Centrifugal model tests and numerical simulations of dragging motion state of Hall anchor

For the submarine pipelines and cables laid flat or shallowly buried in the seabed, the accidental anchor dragging operation is one of the important factors affecting their safe operation. Due to the large deformation and failure of soil during the dragging process of the anchor in the soil, it involves many mechanical problems such as material nonlinearity, geometric nonlinearity and contact nonlinearity. It is difficult to accurately analyze the dragging process through the analytical research methods. In this paper, the centrifugal model tests and numerical analysis are used to study the dragging anchor.

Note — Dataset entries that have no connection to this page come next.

-- ===== src/Cap/Roundtrip.antt =====
-- security/cap/cap.go: what createChallenge signs, verifyChallenge reads back.
use servora_platform.Common.{
  ℕ, zero, suc, ◌+◌, ◌*◌, ◌≤◌, ◌≡◌, ◌≢◌, refl, ap, ◌∙◌, subst, Bool, true, false, not, List, [],
  ◌∷◌, Option, none, some, length, arith, ltb, if◌then◌else◌, Bool-cases, inl, inr,
}
use servora_platform.Cap.Bytes.{
  Bytes, pos, ltz, same, same_refl, same-≡, split, split-free, split-parts,
}
use servora_platform.Cap.Hex.{encode_hex, is_lower_hex, is_lower_hex-encode_hex}
use servora_platform.Cap.Service.{
  ChallengeClaims, Redis, Codecs, Cap, World, Outcome, ok, err, ◌>>=◌, pure, when, lift, now,
  random_hex, random_from, invalid_token, expired_token, invalid_params, expiration_not_positive,
  not_signed,
}
use servora_platform.Cap.Keeps.{Keeps-now}
use servora_platform.Cap.Once.{Keeps-ok}
use servora_platform.Cap.Laws.{bind_ok, lift_ok, bind_run, when_ok, now_ok}
use servora_platform.Cap.Challenge
use servora_platform.Cap.Challenge.{
  ChallengeConfig, ChallengeResponse, validate_challenge_params, params_of, ttl_of, scope_of,
  to_milliseconds, header, signing_input, signed_token, sign_challenge, token_parts, read_claims,
  open_token, verify_challenge, create_challenge,
}

pub not_same : (a b : Bytes) → a ≢ b → same a b ≡ false
not_same a b apart = elim (Bool-cases (same a b)) [
  | inl e ↦ absurd (apart (same-≡ a b e))
  | inr e ↦ e
]

module _ (codecs : Codecs) (cap : Cap) where
  encoded-ne-nil : (bs : Bytes) → bs ≢ [] → codecs.encode_base64 bs ≢ []
  encoded-ne-nil [] apart = absurd (apart refl)
  encoded-ne-nil (b ∷ bs) apart = codecs.encode-ne-nil b bs

  body_of : Bytes → Bytes
  body_of payload = codecs.encode_base64 payload

  pub mac_of : Bytes → Bytes
  mac_of payload =
      codecs.hmac_sha256 cap.signing_secret (signing_input codecs cap (body_of payload))

  split-signed_token :
      (payload : Bytes)
      → split 46 (signed_token codecs cap payload)
        ≡ header codecs cap ∷ body_of payload ∷ codecs.encode_base64 (mac_of payload) ∷ []
  unfolding signed_token body_of mac_of
  split-signed_token payload =
      split-parts 46 _ _ (codecs.encode-free _)
      ∙ ap (λ ps. header codecs cap ∷ ps)
          (split-parts 46 _ _ (codecs.encode-free _)
            ∙ ap (λ ps. body_of payload ∷ ps) (split-free 46 _ (codecs.encode-free _)))

  parts-signed_token :
      (payload : Bytes)
      → payload ≢ []
      → token_parts codecs cap (split 46 (signed_token codecs cap payload))
        ≡ some (body_of payload, codecs.encode_base64 (mac_of payload))
  unfolding token_parts body_of mac_of
  parts-signed_token payload some_payload =
      rw (split-signed_token payload, same_refl (header codecs cap), body_there, mac_there)
    where
      body_there : same (body_of payload) [] ≡ false
      body_there = not_same _ [] (encoded-ne-nil _ some_payload)

      mac_there : same (codecs.encode_base64 (mac_of payload)) [] ≡ false
      mac_there = not_same _ [] (encoded-ne-nil _ (codecs.hmac-ne-nil _ _))

  read-signed_token :
      (claims : ChallengeClaims) (payload : Bytes)
      → codecs.marshal claims ≡ some payload
      → Challenge.well_formed codecs cap claims ≡ true
      → read_claims codecs cap (body_of payload) (mac_of payload) ≡ some claims
  unfolding read_claims body_of mac_of
  read-signed_token claims payload encoded good = rw (
    same_refl (mac_of payload),
    codecs.decode-encode payload,
    codecs.unmarshal-marshal claims payload encoded,
    good,
  )

  -- The token of the payload of well-formed claims opens to them.
  pub open-signed_token :
      (claims : ChallengeClaims) (payload : Bytes)
      → codecs.marshal claims ≡ some payload
      → Challenge.well_formed codecs cap claims ≡ true
      → open_token codecs cap (signed_token codecs cap payload)
        ≡ some (claims, encode_hex (mac_of payload))
  unfolding open_token
  open-signed_token claims payload encoded good =
      rw
        (
          open_token,
          parts-signed_token payload (codecs.marshal-ne-nil claims payload encoded),
          codecs.decode-encode (mac_of payload),
        )
        (ap
          (λ (o : Option ChallengeClaims). elim o as (λ _. Option (ChallengeClaims × Bytes)) [
            | none ↦ none
            | some c ↦ some (c, encode_hex (mac_of payload))
          ])
          (read-signed_token claims payload encoded good))

  sign_challenge_ok :
      (claims : ChallengeClaims) {token : Bytes}
      → sign_challenge codecs cap claims ≡ some token
      → (payload : Bytes) × (codecs.marshal claims ≡ some payload)
        × (signed_token codecs cap payload ≡ token)
  unfolding sign_challenge
  sign_challenge_ok claims h = by_payload (codecs.marshal claims) refl h
    where
      by_payload :
          (o : Option Bytes) {token : Bytes}
          → codecs.marshal claims ≡ o
          → (elim o as (λ _. Option Bytes) [
            | none ↦ none
            | some payload ↦ some (signed_token codecs cap payload)
          ])
            ≡ some token
          → (payload : Bytes) × (codecs.marshal claims ≡ some payload)
            × (signed_token codecs cap payload ≡ token)
      by_payload none e q = cc
      by_payload (some payload) e q = (payload, e, cc)

module _ {S : Type 0} where
  more_ok :
      (b : ℕ) (o : Outcome S Bytes) {bs : Bytes} {v : World S}
      → (elim o [ ok bs' w' ↦ ok (b ∷ bs') w' | err e w' ↦ err e w' ]) ≡ ok bs v
      → (rest : Bytes) × (bs ≡ b ∷ rest) × (o ≡ ok rest v)
  more_ok b (ok rest w) h = (rest, cc, cc)
  more_ok b (err e w) h = cc

  length-random_from :
      (n : ℕ) (bs : List ℕ) (w : World S) {rs : Bytes} {v : World S}
      → random_from n bs w ≡ ok rs v
      → (length rs ≡ n) × (v.time ≡ w.time)
  unfolding random_from
  length-random_from zero bs w h = (ground arith, ground arith)
  length-random_from (suc n) [] w h = cc
  length-random_from (suc n) (b ∷ bs) w h =
      let (rest, cons, inner) = more_ok b (random_from n bs w) h in
      let (size, still) = length-random_from n bs w inner in (ap length cons ∙ ap suc size, still)

  hex_ok :
      (o : Outcome S Bytes) {bs : Bytes} {v : World S}
      → (elim o [ ok rs w' ↦ ok (encode_hex rs) w' | err e w' ↦ err e w' ]) ≡ ok bs v
      → (rs : Bytes) × (bs ≡ encode_hex rs) × (o ≡ ok rs v)
  hex_ok (ok rs w) h = (rs, cc, cc)
  hex_ok (err e w) h = cc

  random_hex_ok :
      (n : ℕ) (w : World S) {bs : Bytes} {v : World S}
      → random_hex n w ≡ ok bs v
      → (is_lower_hex bs (2 * n) ≡ true) × (v.time ≡ w.time)
  unfolding random_hex
  random_hex_ok n w h =
      let (rs, hex, drawn) = hex_ok (random_from n w.entropy w) h in
      let (size, still) = length-random_from n w.entropy w drawn in
      (ap (λ bs. is_lower_hex bs (2 * n)) hex ∙ is_lower_hex-encode_hex rs n size, still)

module _ (codecs : Codecs) (cap : Cap) (redis : Redis) where
  claims_of : Option ChallengeConfig → Bytes → ℕ → ChallengeClaims
  claims_of override nonce t = record {
    nonce = nonce;
    count = (params_of cap override).c;
    size = (params_of cap override).s;
    difficulty = (params_of cap override).d;
    expires = pos (t + to_milliseconds (ttl_of cap override));
    issued_at = pos t;
    scope = scope_of cap override;
  }

  response_of : Option ChallengeConfig → Bytes → ℕ → ChallengeResponse
  response_of override payload t = record {
    challenge = params_of cap override;
    token = signed_token codecs cap payload;
    expires = t + to_milliseconds (ttl_of cap override);
  }

  time-now :
      (w : World redis.State) {v : World redis.State} {t : ℕ} → now redis w ≡ ok t v → w.time ≤ t
  time-now w h = omega (
    arith,
    now_ok redis w h,
    Keeps-ok {H = λ x s. w.time ≤ x} (Keeps-now redis _ (λ x d s le. omega (arith, le))) w
        (omega arith) h,
  )

  create_ok :
      (override : Option ChallengeConfig) (w v : World redis.State) (r : ChallengeResponse)
      → create_challenge codecs cap redis override w ≡ ok r v
      → (nonce : Bytes) × (payload : Bytes) × (t : ℕ) × (is_lower_hex nonce 50 ≡ true)
        × (w.time ≤ t)
        × (validate_challenge_params (params_of cap override) ≡ true)
        × (codecs.marshal (claims_of override nonce t) ≡ some payload)
        × (response_of override payload t ≡ r)
  unfolding create_challenge claims_of response_of
  create_ok override w v r h =
      let (_, x, first, more) =
        bind_ok (when (not (validate_challenge_params (params_of cap override))) invalid_params) _ w
          h in
      let (valid, same_x) = when_ok _ _ w first in
      let (_, y, second, more') =
        bind_ok (when (not (ltz (pos 0) (ttl_of cap override))) expiration_not_positive) _ x more in
      let (_, same_y) = when_ok _ _ x second in
      let (nonce, z, drawn, more'') = bind_ok (random_hex 25) _ y more' in
      let (hex, still) = random_hex_ok 25 y drawn in
      let (t, u, read, rest) = bind_ok (now redis) _ z more'' in
      let (token, q, given, last) =
        bind_ok (lift not_signed (sign_challenge codecs cap (claims_of override nonce t))) _ u
          rest in
      let (payload, encoded, same_token) =
        sign_challenge_ok codecs cap (claims_of override nonce t) (lift_ok _ _ u given).0 in
      (
        nonce,
        payload,
        t,
        hex,
        omega (
          arith,
          time-now z read,
          still,
          ap (λ (q : World redis.State). q.time) same_x,
          ap (λ (q : World redis.State). q.time) same_y,
        ),
        ground arith,
        encoded,
        ap
              (λ (z : Bytes). record {
                challenge = params_of cap override;
                token = z;
                expires = t + to_milliseconds (ttl_of cap override);
              })
              same_token
            ∙ same_response last,
      )
    where
      same_response :
          {a b : ChallengeResponse} {x y : World redis.State}
          → ◌≡◌ {A = Outcome redis.State ChallengeResponse} (ok a x) (ok b y)
          → a ≡ b
      same_response q = cc

  claims_of-IsWellFormed :
      (override : Option ChallengeConfig) (nonce : Bytes) (t : ℕ)
      → is_lower_hex nonce 50 ≡ true
      → 1 ≤ t
      → 1 ≤ to_milliseconds (ttl_of cap override)
      → validate_challenge_params (params_of cap override) ≡ true
      → Challenge.well_formed codecs cap (claims_of override nonce t) ≡ true
  unfolding claims_of
  claims_of-IsWellFormed override nonce t hex some_time some_ttl valid =
      rw (hex, valid) (ground arith)

  verify_opened :
      (token : Bytes) (claims : ChallengeClaims) (sig : Bytes) (exp : ℕ) (x y : World redis.State)
      (t : ℕ)
      → claims.expires ≡ pos exp
      → open_token codecs cap token ≡ some (claims, sig)
      → now redis x ≡ ok t y
      → verify_challenge codecs cap redis token x
        ≡ (if ltb exp t then err expired_token y else ok (claims, sig) y)
  unfolding verify_challenge
  verify_opened token claims sig exp x y t expires opens read =
      bind_run (lift invalid_token (open_token codecs cap token)) _ x (
        ap (λ (o : Option (ChallengeClaims × Bytes)). lift {S = redis.State} invalid_token o x)
          opens)
      ∙ bind_run (now redis) _ x read
      ∙ ap (λ e. (when (ltz e (pos t)) expired_token >>= λ _. pure (claims, sig)) y) expires
      ∙ decided (ltb exp t)
    where
      decided :
          (b : Bool)
          → ◌≡◌ {A = Outcome redis.State (ChallengeClaims × Bytes)}
              ((when b expired_token >>= λ _. pure (claims, sig)) y)
              (if b then err expired_token y else ok (claims, sig) y)
      decided true = refl
      decided false = refl

  -- A challenge created after the epoch with a time to live of a millisecond or more is verified,
  -- with the parameters and the scope of the policy and its overrides, at every reading of the
  -- clock up to its expiry, and refused as expired at every later one.
  pub verify-create_challenge :
      (override : Option ChallengeConfig) (w v x y : World redis.State) (r : ChallengeResponse)
      (t : ℕ)
      → 1 ≤ w.time
      → 1 ≤ to_milliseconds (ttl_of cap override)
      → create_challenge codecs cap redis override w ≡ ok r v
      → now redis x ≡ ok t y
      → (claims : ChallengeClaims) × (sig : Bytes) × (claims.scope ≡ scope_of cap override)
        × (record { c = claims.count; s = claims.size; d = claims.difficulty }
            ≡ params_of cap override)
        × (verify_challenge codecs cap redis r.token x
            ≡ (if ltb r.expires t then err expired_token y else ok (claims, sig) y))
  unfolding claims_of response_of
  verify-create_challenge override w v x y r t started lives created read =
      let (nonce, payload, t', hex, later, valid, encoded, same_r) =
        create_ok override w v r created in
      let claims = claims_of override nonce t' in
      let opens = open-signed_token codecs cap claims payload encoded (
        claims_of-IsWellFormed override nonce t' hex (omega (arith, later, started)) lives valid) in
      subst
        (λ (q : ChallengeResponse).
          (claims : ChallengeClaims) × (sig : Bytes) × (claims.scope ≡ scope_of cap override)
          × (record { c = claims.count; s = claims.size; d = claims.difficulty }
              ≡ params_of cap override)
          × (verify_challenge codecs cap redis q.token x
              ≡ (if ltb q.expires t then err expired_token y else ok (claims, sig) y)))
        same_r
        (
          claims,
          encode_hex (mac_of codecs cap payload),
          refl,
          refl,
          verify_opened _ claims _ _ x y t refl opens read,
        )
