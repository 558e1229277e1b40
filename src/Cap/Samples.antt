-- ===== src/Cap/Samples.antt =====
-- A Redis and codecs that keep the promises, and the data of the tests.
use servora_platform.Common.{
  ◌∙◌, sym, ℕ, zero, suc, ◌+◌, ◌-◌, ◌*◌, ◌≡◌, ◌≢◌, refl, ap, true, [], ◌∷◌, ◌++◌, map, Option, none,
  some, is_some, length, All, arith, if◌then◌else◌,
}
use servora_platform.Cap.Bytes.{Bytes, ℤ, pos, negsuc, same, same_refl}
use servora_platform.Cap.Service.{ChallengeClaims, Redis, Codecs}
use servora_platform.Cap.Roundtrip.{not_same}

-- What stands at each key, and for how long.
abbrev Keys : Type 0
Keys = Bytes → Bytes × ℕ

abbrev shown : Bytes × ℕ → Option Bytes
shown (v, zero) = none
shown (v, suc n) = some v

abbrev put : Bytes → Bytes × ℕ → Keys → Keys
put k e s k' = if same k' k then e else s k'

pub put-here : (k : Bytes) (e : Bytes × ℕ) (s : Keys) → put k e s k ≡ e
put-here k e s = rw (same_refl k)

pub put-there : (k k' : Bytes) (e : Bytes × ℕ) (s : Keys) → k ≢ k' → put k' e s k ≡ s k
put-there k k' e s apart = rw (not_same k k' apart)

pub shown-some : (e : Bytes × ℕ) (n : ℕ) → e.1 ≡ suc n → is_some (shown e) ≡ true
shown-some (v, zero) n h = absurd (omega (arith, h))
shown-some (v, suc m) n h = refl

pub shown-none : (e : Bytes × ℕ) (n : ℕ) → shown e ≡ none → shown (e.0, e.1 - n) ≡ none
shown-none (v, zero) n h = at_zero (0 - n) (omega arith)
  where
    at_zero : (m : ℕ) → m ≡ 0 → shown (v, m) ≡ none
    at_zero zero e = refl
    at_zero (suc m) e = absurd (omega arith)
shown-none (v, suc m) n h = cc

abbrev pub keys : Redis
keys = record {
  State = Keys;
  get = λ k s. shown (s k);
  psetex = λ k n v s. put k (v, n) s;
  del = λ k s. put k ([], 0) s;
  pass = λ n s k. ((s k).0, (s k).1 - n);
  pttl = λ k s. (s k).1;
  get-pttl = λ k n s h. shown-some (s k) n h;
  pttl-psetex = λ k n v s. ap (λ (e : Bytes × ℕ). e.1) (put-here k (v, n) s);
  pttl-psetex_other =
      λ k k' n v s apart. ap (λ (e : Bytes × ℕ). e.1) (put-there k k' (v, n) s apart);
  pttl-del_other = λ k k' s apart. ap (λ (e : Bytes × ℕ). e.1) (put-there k k' ([], 0) s apart);
  pttl-pass = λ k n s. refl;
  get-psetex_other = λ k k' n v s apart. ap shown (put-there k k' (v, n) s apart);
  get-del = λ k s. ap shown (put-here k ([], 0) s);
  get-del_other = λ k k' s apart. ap shown (put-there k k' ([], 0) s apart);
  get-pass = λ k n s h. shown-none (s k) n h;
}

abbrev up : Bytes → Bytes
up = map (λ c. c + 47)

abbrev down : Bytes → Bytes
down = map (λ c. c - 47)

pub down-up : (bs : Bytes) → down (up bs) ≡ bs
down-up [] = refl
down-up (b ∷ bs) = rw (down-up bs) (ap (λ c. c ∷ bs) (omega arith))

pub up-free : (bs : Bytes) → All (λ b. b ≢ 46) (up bs)
up-free [] = tt
up-free (b ∷ bs) = (omega arith, up-free bs)

abbrev sign : ℤ → ℕ
sign (pos n) = 0
sign (negsuc n) = 1

abbrev size : ℤ → ℕ
size (pos n) = n
size (negsuc n) = n

abbrev signed : ℕ → ℕ → ℤ
signed zero n = pos n
signed (suc s) n = negsuc n

signed-sign : (z : ℤ) → signed (sign z) (size z) ≡ z
signed-sign (pos n) = refl
signed-sign (negsuc n) = refl

abbrev first : ℕ → Bytes → Bytes
first zero bs = []
first (suc n) [] = []
first (suc n) (b ∷ bs) = b ∷ first n bs

abbrev rest : ℕ → Bytes → Bytes
rest zero bs = bs
rest (suc n) [] = []
rest (suc n) (b ∷ bs) = rest n bs

first-append : (a b : Bytes) → first (length a) (a ++ b) ≡ a
first-append [] b = refl
first-append (x ∷ xs) b = ap (λ l. x ∷ l) (first-append xs b)

rest-append : (a b : Bytes) → rest (length a) (a ++ b) ≡ b
rest-append [] b = refl
rest-append (x ∷ xs) b = rest-append xs b

abbrev pub written : ChallengeClaims → Bytes
written c =
    sign c.count
      ∷ size c.count
      ∷ sign c.size
      ∷ size c.size
      ∷ sign c.difficulty
      ∷ size c.difficulty
      ∷ sign c.expires
      ∷ size c.expires
      ∷ sign c.issued_at
      ∷ size c.issued_at
      ∷ length c.nonce
      ∷ c.nonce
    ++ c.scope

abbrev read : Bytes → Option ChallengeClaims
read (a ∷ a' ∷ b ∷ b' ∷ c ∷ c' ∷ d ∷ d' ∷ e ∷ e' ∷ n ∷ more) = some (record {
  nonce = first n more;
  count = signed a a';
  size = signed b b';
  difficulty = signed c c';
  expires = signed d d';
  issued_at = signed e e';
  scope = rest n more;
})
read _ = none

pub read-written : (c : ChallengeClaims) → read (written c) ≡ some c
read-written c = rw (
  signed-sign c.count,
  signed-sign c.size,
  signed-sign c.difficulty,
  signed-sign c.expires,
  signed-sign c.issued_at,
  first-append c.nonce c.scope,
  rest-append c.nonce c.scope,
)

pub cons_nil : (b : ℕ) (bs : Bytes) → ◌≡◌ {A = Bytes} (b ∷ bs) [] → ⊥
cons_nil b bs e = cc

-- A digest whose first half byte is the last digit of the text.
abbrev last_half : Bytes → ℕ
last_half [] = 0
last_half (b ∷ []) = (b - 48) * 16
last_half (b ∷ c ∷ bs) = last_half (c ∷ bs)

abbrev some_value : {a b : Bytes} → some a ≡ some b → a ≡ b
some_value q = cc

abbrev pub plain : Codecs
plain = record {
  sha256 = λ bs. last_half bs ∷ 0 ∷ [];
  hmac_sha256 = λ k m. 7 ∷ [];
  encode_base64 = up;
  decode_base64 = λ bs. some (down bs);
  marshal = λ c. some (written c);
  unmarshal = read;
  decode-encode = λ bs. ap some (down-up bs);
  encode-free = up-free;
  encode-ne-nil = λ b bs e. cons_nil _ _ e;
  unmarshal-marshal = λ c bs e. ap read (sym (some_value e)) ∙ read-written c;
  marshal-ne-nil = λ c bs e q. cons_nil _ _ (some_value e ∙ q);
  hmac-ne-nil = λ k m e. cons_nil _ _ e;
}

The motion trend, the development law of drag force and the penetration depth of anchors with different weights on different types of seabed are tested and calculated. The results show that the dragging anchor in low-strength cohesive soil is likely to produce a false bottom grabbing phenomenon. For the anchors are dragged on the medium- and high-strength cohesive soil seabed, the dragging process of the anchors can be divided into three stages: soil platform formation, anchor claw wedge and motion stability. On the non-cohesive soil and cohesive soil seabeds, the drag distance at the stability stage is 4 and 1.27 ~ 1.96 times the anchor length, respectively. For the Hall anchor with the weight greater than 6 t, whether on the cohesive soil seabed or the non-cohesive soil seabed, the penetration depth of the anchor claw is greater than 1 m, and the dragging operation is likely to cause direct damage to the submarine pipelines or cables, which needs attention.